だが、そのスキルでクルムナが襲われると出たってことは襲われるのだろう。
かりに今回の第三王子の依頼がそれを阻止しろだったら絶対に断ろう。
あんな化け物に勝てるわけがねぇ。
しかも今ここで出会ったということは俺が依頼を受けて向かったとしても後の祭りじゃねぇか?
というか寝てたからわからねぇが、今どこだ?
「アリア。あとどのくらいで村に着くんだ?」
「あそこに見えるのがゴブキン山なので、もうすぐです。
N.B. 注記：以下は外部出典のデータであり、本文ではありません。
-- ===== src/Actions/Restore/Returned.antt =====
-- What a restore without an error returns.
use workspace_janitor.Prelude.{
  refl, String, ◌≡◌, Option, none, some, Bool, true, false, not, ◌&&◌, is_some, str_eq,
  if◌then◌else◌, arith,
}
use workspace_janitor.Core.Cleanup
use workspace_janitor.Core.Cleanup.{CleanupItem, CleanupState, prepared, quarantined, restored}
use workspace_janitor.Actions.{System, Engine, Machine, Outcome}
use workspace_janitor.Actions.Journal.{save, with_state, investigate_item}
use workspace_janitor.Actions.Journal.Effects.{investigate_fails}
use workspace_janitor.Actions.Move.{unless, after_call}
use workspace_janitor.Actions.Reconcile.{reconcile}
use workspace_janitor.Actions.Restore.{
  restore, restore_prepared, restored_sync, move_back, restore_object, restore_found,
  restore_recoverable, restore_state, wrap_option,
}
use workspace_janitor.Actions.Restore.{sync_dir}
use workspace_janitor.Actions.Move.{move_object}
use workspace_janitor.Actions.Restore.{absent}
use workspace_janitor.Actions.Restore.{dir}
use workspace_janitor.Actions.Restore.{same_filesystem}
use workspace_janitor.Actions.Restore.{is_object}

module _ {F : Type 0} (sys : System F) (eng : Engine) where
  -- No error, only with the item restored.
  record Returned (o : Outcome F) : Type 0 where
    state : o.error ≡ none → str_eq o.item.state restored ≡ true

  failed-Returned :
      (item : CleanupItem) (e : String) (m : Machine F)
      → Returned (record { item = item; error = some e; machine = m })
  failed-Returned item e m = record { state = λ h. cc }

  save-Returned :
      (item : CleanupItem) (expected : CleanupState) (m : Machine F)
      → str_eq item.state restored ≡ true
      → Returned (save sys item expected m)
  unfolding save
  save-Returned item expected m h = record { state = λ k. h }

  investigate-Returned :
      (item : CleanupItem) (reason : String) (m : Machine F)
      → Returned (investigate_item sys item reason m)
  investigate-Returned item reason m = record {
    state = λ h. let f = investigate_fails sys item reason m in ground (arith, f, h);
  }

  if-Returned :
      (b : Bool) (o o' : Outcome F) → Returned o → Returned o' → Returned (if b then o else o')
  if-Returned true o o' r r' = r
  if-Returned false o o' r r' = r'

  unless-Returned :
      (item : CleanupItem) (m : Machine F) (e : Option String) (o : Outcome F)
      → Returned o
      → Returned (unless sys item m e o)
  unfolding unless
  unless-Returned item m none o r = r
  unless-Returned item m (some e) o r = failed-Returned item e m

  after_call-Returned :
      (item : CleanupItem) (m : Machine F) (call : F × Option String) (next : Machine F → Outcome F)
      → ((m' : Machine F) → Returned (next m'))
      → Returned (after_call sys item m call next)
  unfolding after_call
  after_call-Returned item m (fs, none) next r = r (record m { files = fs })
  after_call-Returned item m (fs, some e) next r = failed-Returned item e (record m { files = fs })

  prepared-Returned :
      (item : CleanupItem) (m : Machine F) → Returned (restore_prepared sys eng item m)
  unfolding restore_prepared with_state
  prepared-Returned item m = if-Returned _ _ _ (failed-Returned item _ m) (
      unless-Returned item m _ _
        (save-Returned (with_state restored (sys.now m.files) item) prepared m refl))

  sync-Returned :
      (item : CleanupItem) (before : CleanupState) (m : Machine F)
      → Returned (restored_sync sys eng item before m)
  unfolding restored_sync with_state
  sync-Returned item before m =
      after_call-Returned item m (sync_dir sys m.files (dir item.source)) _
        (λ m1. save-Returned (with_state restored (sys.now m1.files) item) before m1 refl)

  move_back-Returned :
      (item : CleanupItem) (before : CleanupState) (m : Machine F)
      → Returned (move_back sys eng item before m)
  unfolding move_back
  move_back-Returned item before m = unless-Returned item m _ _ (
      after_call-Returned item m
        (move_object sys eng m.files item item.destination item.source item.entry.filesystem_id) _
        (sync-Returned item before))

  object-Returned :
      (item : CleanupItem) (before : CleanupState) (m : Machine F)
      → Returned (restore_object sys eng item before m)
  unfolding restore_object
  object-Returned item before m =
      unless-Returned item m
        (wrap_option "occupied original source" (absent sys m.files item.source)) _
        (unless-Returned item m (same_filesystem sys m.files item.destination (dir item.source)) _ (
          if-Returned
            (not (is_object (sys.lstat m.files item.destination) item.entry.filesystem_id)) _ _
            (if-Returned (str_eq before Cleanup.investigate) _ _ (failed-Returned item _ m)
              (investigate-Returned item "quarantined object disappeared or changed identity" m))
            (move_back-Returned item before m)))

  recoverable-Returned :
      (item : CleanupItem) (m : Machine F) → Returned (restore_recoverable sys eng item m)
  unfolding restore_recoverable restore_found with_state
  recoverable-Returned item m =
      if-Returned _ _ _
        (unless-Returned item m _ _
          (save-Returned (with_state restored (sys.now m.files) item) item.state m refl))
        (object-Returned item item.state m)

  done-Returned :
      (b : Bool) (item : CleanupItem) (m : Machine F) (o : Outcome F)
      → str_eq item.state restored ≡ b
      → Returned o
      → Returned (if b then record { item = item; error = none; machine = m } else o)
  done-Returned true item m o h r = record { state = λ k. h }
  done-Returned false item m o h r = r

  state-Returned : (item : CleanupItem) (m : Machine F) → Returned (restore_state sys eng item m)
  unfolding restore_state
  state-Returned item m = done-Returned (str_eq item.state restored) item m _ refl (
      if-Returned (str_eq item.state prepared) _ _ (prepared-Returned item m) (
        if-Returned
          (not (str_eq item.state quarantined) && not (str_eq item.state Cleanup.investigate)) _ _
          (failed-Returned item _ m) (recoverable-Returned item m)))

  kept-Returned :
      (x : Option String) (b : Bool) (o o' : Outcome F)
      → o.error ≡ x
      → Returned o'
      → Returned (if is_some x && b then o else o')
  kept-Returned none b o o' e r = r
  kept-Returned (some e) false o o' h r = r
  kept-Returned (some e) true o o' h r = record { state = λ k. cc }

  after_reconcile :
      (o : Outcome F)
      → Returned (
          if is_some o.error && not (str_eq o.item.state Cleanup.investigate)
          then o
          else restore_state sys eng o.item o.machine)
  after_reconcile o =
      kept-Returned o.error (not (str_eq o.item.state Cleanup.investigate)) o _ refl
        (state-Returned o.item o.machine)

  -- For every item and machine, a restore that returns no error returns the item as restored.
  pub restore-returns :
      (item : CleanupItem) (m : Machine F)
      → (restore sys eng item m).error ≡ none
      → str_eq (restore sys eng item m).item.state restored ≡ true
  unfolding restore
  restore-returns item m = (after_reconcile (reconcile sys eng item m)).state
」
思った以上に目の前だった。
まだ夜になってないんじゃなくて、もう朝になっていたのか。
予想以上に到着が早いってのもあるが、結構な時間寝ていたようだ。
そりゃ、魔族領からクルムナに向かってる悪魔と出くわすんだから、アラフミナに入っててもおかしくないというか、いないとおかしいわな。
まぁあの悪魔のことは考えたところで俺らにどうこうできる話じゃない。
だから第三王子に話をされた時に考えるしかねぇだろ。
「とりあえず村に行こう。」
「「「はい。」」」
イーラは念話で返事をすると、村に向かって下降を始めた。